As mentioned above, Levine and his team were considering two major elements when Elizabeth was in production: for one, to develop a non-playable character with an artificial intelligence useful to the player; and two, to create someone the player could form an emotional connection with. Since the previous games were considered “solitary experiences” by Levine, as all characters featured were either dead or far away, the decision to implement a new element would allow the newest installment to avoid “treading water” from prior games.

On the topic of AI, it was the creative team’s objective to not only make her useful as a gameplay mechanic, but also feel like a living person with a defined personality and presence. Amanda Jeffrey, the level designer, commented in the development diary, Creating Elizabeth: “Liz [will] follow you around the world, and if you decide that you don’t want to go where she thought you were heading, she can handle that really, really cleverly.
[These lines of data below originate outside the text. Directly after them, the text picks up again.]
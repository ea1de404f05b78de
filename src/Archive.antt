-- ===== src/Archive.antt =====
-- The size-bounded archive (archive/v3/src/mutsumi_sync/memory/archive.py). Its sizes are floats in
-- the source and natural numbers here, so sums are exact.
pub mod Cutoff
use Prim.Native.Nat.{max}
use mutsumi_s_sync.Common.{
  ℕ, suc, ◌+◌, ◌-◌, ◌/◌, Bool, not, Option, none, some, List, [], ◌∷◌, ◌++◌,
}
use mutsumi_s_sync.Common.{length, take, drop, ltb, leb, if◌then◌else◌}

pub record SlidingArchive (T : Type 0) : Type 0 where
  pub max_size : ℕ
  pub min_size : ℕ
  pub items : List T
  pub size_of : T → ℕ

module _ {T : Type 0} where
  abbrev pub sum_sizes : (T → ℕ) → List T → ℕ
  sum_sizes size_of [] = 0
  sum_sizes size_of (it ∷ items) = size_of it + sum_sizes size_of items

  abbrev pub total : SlidingArchive T → ℕ
  total a = sum_sizes a.size_of a.items

  abbrev pub needs_recycle : SlidingArchive T → Bool
  needs_recycle a = ltb a.max_size (total a)

  pub add : T → SlidingArchive T → SlidingArchive T
  add item a = record a { items = a.items ++ item ∷ [] }

  pub extend : List T → SlidingArchive T → SlidingArchive T
  extend items a = record a { items = a.items ++ items }

  -- The `for` loop of `find_cutoff`: `t` is the total, `acc` the size of what stands before `i`.
  cutoff_from : SlidingArchive T → ℕ → ℕ → ℕ → List T → Option ℕ
  cutoff_from a t acc i [] = none
  cutoff_from a t acc i (item ∷ rest) =
      let acc' = acc + a.size_of item in
      let later = cutoff_from a t acc' (suc i) rest in
      if leb (t - acc') a.min_size then some (i + 1) else later

  find_cutoff : SlidingArchive T → ℕ
  unfolding cutoff_from
  find_cutoff a =
      if leb (total a) a.max_size then 0 else elim (cutoff_from a (total a) 0 0 a.items) [
        | some cutoff ↦ cutoff
        | none ↦ max 1 (length a.items / 2)
      ]

  unfoldable pub pop_recyclable : SlidingArchive T → List T × List T
  unfolding find_cutoff
  pop_recyclable a =
      if not (needs_recycle a)
      then ([], a.items)
      else (take (find_cutoff a) a.items, drop (find_cutoff a) a.items)

  pub commit : List T → SlidingArchive T → SlidingArchive T
  commit kept a = record a { items = kept }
She will stop if you stop, she will keep running if you decide that you’re not interested in what you’re doing here. She will be by your side no matter what you end up doing.” Regarding emotions, Jeffrey mentions they tried many things to signify it, such as “showing comfort through having her lean against walls with her arms crossed” (Creating Elizabeth); also having her back turned slightly towards the player to indicate that she was upset with the player protagonist, or things she has experienced.

While designing her, Elizabeth went through much iteration: she first started as a mute person who would communicate via gestures and facial emotions, while resembling a “Gibson Girl”: a 1890s concept by Charles Dana Gibson of what ideal feminine attractiveness should be. The design was scrapped when the team decided they wanted the character to have more of an identity; something achieved through adding dialogue and being redesigned. On August 2010, 2K released the first teaser trailer, which introduced Elizabeth with a design now including her trademark eyes, dress, and corset; also prominent in the first reveal was her cleavage as she reached out to the player character via first-person. Just a month later, a 10-minute gameplay demo showed Elizabeth with a more Goth-like appearance: her makeup and clothing now having a darker palette. It wasn’t until the E3 2011 expo that Elizabeth was shown far more resembling her final design; nonetheless, the prominence of her breast size deemed revision. The male gaze is shown on full display as a scripted moment between the player character and Elizabeth showcases her exaggerated cleavage. On March 26th, 2013, the game was wide-released with the final design having a reduced breast size, and a more youthful appearance. In regards to her designs post-Gibson Girl, Shawn Robertson, the animation director, cited in the development diary The Revolutionary AI Behind Elizabeth that a major influence for the character’s designs were from the female leads of Disney animated films. According to the Art of Bioshock Infinite book, other inspiration for the character design came from comic books, animated films, and the way classic animator’s handled emotion; one method used in particular was the exaggeration of eyes in order to provide more emotion.

As for Elizabeth’s voice and motion capture, two elements meant to portray the character in-game, Courtnee Draper and Heather Gordon were hired to provide both, respectively. Draper, known more for her live-acting found the experience to be akin to actual acting since the role brought forth “all of the complexities of human nature that impact us” (Creating Elizabeth); and also because it demanded that she “had put [her] entire body” (Creating Elizabeth) into the voice work since it required revealing an entire character. When asked about her thoughts on Elizabeth’s physical controversies while on an episode of the IGN news show, Up at Noon, Draper commented:

I mean look, I think that aesthetically…we wanted people to fall in love with her, so I think that her being aesthetically good looking, it’s not going to hurt the game. I think that a lot of people had different opinions, but if we had made her completely not as attractive as she would’ve been, people would have had opinions about that so, I don’t care, I think that she’s hot, I think she’s a badass. So I’m excited… I think she’s great the way she is.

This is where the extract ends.